Do you use them daily?

Were they worth the investment?

Thinking of adding it to my arsenal, I have the mirka 6" & Dustless tech vac, but some jobs are getting too big for that set up.

Thanks, 

-Matt


----------



## ReNt A PaInTeR (Dec 28, 2008)

great question ^^^^^


----------



## matt19422 (Oct 2, 2009)

Anyone?:whistling2:


----------



## Schmidt & Co. (Nov 6, 2008)

matt19422 said:


> Anyone?:whistling2:


Just keep bumping the thread. If my memory serves me, Para bought one earlier this year. Hopefully he will see this thread and chime in.


----------



## ReNt A PaInTeR (Dec 28, 2008)

Schmidt & Co. said:


> Just keep bumping the thread. If my memory serves me, Para bought one earlier this year. Hopefully he will see this thread and chime in.


Or he can let us use it to see if we really like it. Lol


----------



## matt19422 (Oct 2, 2009)

I read the past threads and Thomas did purchase one. Would really appreciate a review from him.


----------



## mudbone (Dec 26, 2011)

matt19422 said:


> I read the past threads and Thomas did purchase one.
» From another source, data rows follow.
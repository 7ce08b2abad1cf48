-- ===== src/SubscriptionPipeline/Compensation.antt =====
-- crates/resin-core/src/subscription_pipeline.rs: what a failed pass undoes, and its record.
use egress_apikey.Prelude.{
  Bool, true, false, ◌||◌, String, Option, none, some, unwrap_or, List, [], ◌∷◌, str_eq, ltb, ◌==◌,
  if◌then◌else◌,
}
use Prim.Native.Char.{code}
use Prim.Native.String
use egress_apikey.Prelude.Texts.{concat}
use egress_apikey.Prelude.Results.{Result, ok, err}
use egress_apikey.Prelude.Json
use egress_apikey.Prelude.Json.{Json, get, as_str}
use egress_apikey.SubscriptionPipeline.Calls.{
  Api, Run, pure, ask, ◌>>=◌, list_platforms, delete_platform,
}
use egress_apikey.SubscriptionPipeline.Steps.{items_arr}

-- Control characters become spaces.
unfoldable pub sanitize_action : String → String
sanitize_action String.[] = ""
sanitize_action (String.◌∷◌ c s) =
    let rest = sanitize_action s in
    String.◌++◌ (if ltb (code c) 0x20 || (code c == 0x7f) then " " else String.◌∷◌ c "") rest

module _ {Num : Type 0} where
  abbrev pub text_at : String → Json Num → String
  text_at key row = unwrap_or (Json.◌>>=◌ (get key row) as_str) ""

  unfoldable pub first_id : String → List (Json Num) → Option String
  first_id want [] = none
  first_id want (row ∷ rows) =
      let rest = first_id want rows in
      if str_eq (text_at "name" row) want
      then if str_eq (text_at "id" row) "" then rest else some (text_at "id" row)
      else rest

  -- `resin_client::resolve_id_in`
  unfoldable pub resolve_id_in : Json Num → String → Option String
  unfolding items_arr first_id
  resolve_id_in v want = first_id want (items_arr v)

abbrev pub deleted_action : Result Unit → String
deleted_action (ok _) = "plat: deleted on Resin (cascade-created, apply failed)"
deleted_action (err e) = sanitize_action (concat ("plat: delete failed (" ∷ e ∷ ")" ∷ []))

abbrev pub apply_action : Option String → String
apply_action (some owner) = sanitize_action (concat ("apply: failed on " ∷ owner ∷ []))
apply_action none = "apply: not reached"

-- The four entries, of which the second is computed.
abbrev pub actions : String → Option String → List String
actions plat failing_platform =
    "sub: kept (user data)" ∷ plat ∷ "port: none (not run)" ∷ apply_action failing_platform ∷ []

abbrev pub deletion : String → Result Unit → Result Unit
deletion name (ok _) = ok tt
deletion name (err e) = err (concat ("delete platform " ∷ name ∷ ": " ∷ e ∷ []))

module _ {Num Section : Type 0} (api : Api Num Section) where
  abbrev pub delete_found : String → Option String → Run Num Section (Result Unit)
  delete_found name none = pure (ok tt)
  delete_found name (some id) = do
    deleted ← ask (delete_platform id) api.platform_deleted
    pure (deletion name deleted)

  abbrev pub delete_listed : String → Result (Json Num) → Run Num Section (Result Unit)
  delete_listed name (err e) = pure (err (concat ("list platforms: " ∷ e ∷ [])))
  delete_listed name (ok live) = delete_found name (resolve_id_in live name)

  unfoldable pub delete_cascade_platform : String → Run Num Section (Result Unit)
  unfolding resolve_id_in
  delete_cascade_platform name = do live ← ask list_platforms api.platforms; delete_listed name live

  abbrev pub delete_owned : String → String → Bool → Run Num Section String
  delete_owned name owner true = do
    deleted ← delete_cascade_platform name
    pure (deleted_action deleted)
  delete_owned name owner false =
      pure (sanitize_action (concat ("plat: kept (apply failure owned by " ∷ owner ∷ ")" ∷ [])))

  abbrev pub plat_action : String → Bool → Option String → Run Num Section String
  plat_action name false failing_platform = pure "plat: none (not created this pass)"
  plat_action name true none = pure "plat: kept (apply failure not platform-scoped)"
  plat_action name true (some owner) = delete_owned name owner (str_eq owner name)

  unfoldable pub compensate_failed_cascade :
      String → Bool → Option String → Run Num Section (List String)
  unfolding sanitize_action concat delete_cascade_platform
  compensate_failed_cascade name platform_created_this_pass failing_platform = do
    plat ← plat_action name platform_created_this_pass failing_platform
    pure (actions plat failing_platform)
Would really appreciate a review from him.


 I think Thomas is the only one on planex earth that has one.:whistling2:


----------



## ExcaliburPainting (Sep 24, 2012)

matt19422 said:


> Anyone?:whistling2:


:hang: :bangin: :stupid: :ban:


----------



## RCP (Apr 18, 2007)

ExcaliburPainting said:


> :hang: :bangin: :stupid: :ban:


WTF is that supposed mean?:blink:

This is a new technology/tool that not many have experienced.

Rentapainter has posted some good stuff on G+, here is a video from someone else.
http://youtu.be/243xSu8EnpQ


----------



## Paradigmzz (May 5, 2010)

RCP, Ziggy is my pimp name. I only let my hoes and biaches call me by it though.


----------



## ExcaliburPainting (Sep 24, 2012)

RCP said:


> WTF is that supposed mean?:blink:
> 
> This is a new technology/tool that not many have experienced.
> 
> ...


It means that I have a sense of humor


----------



## RCP (Apr 18, 2007)

Paradigmzz said:


> RCP, Ziggy is my pimp name. I only let my hoes and biaches call me by it though.


So does that make me your hoe or biaches? I'm happy to be either, as long as it includes being on one of Steve's lists!


----------



## ExcaliburPainting (Sep 24, 2012)

Paradigmzz said:


> RCP, Ziggy is my pimp name. I only let my hoes and *biaches* call me by it though.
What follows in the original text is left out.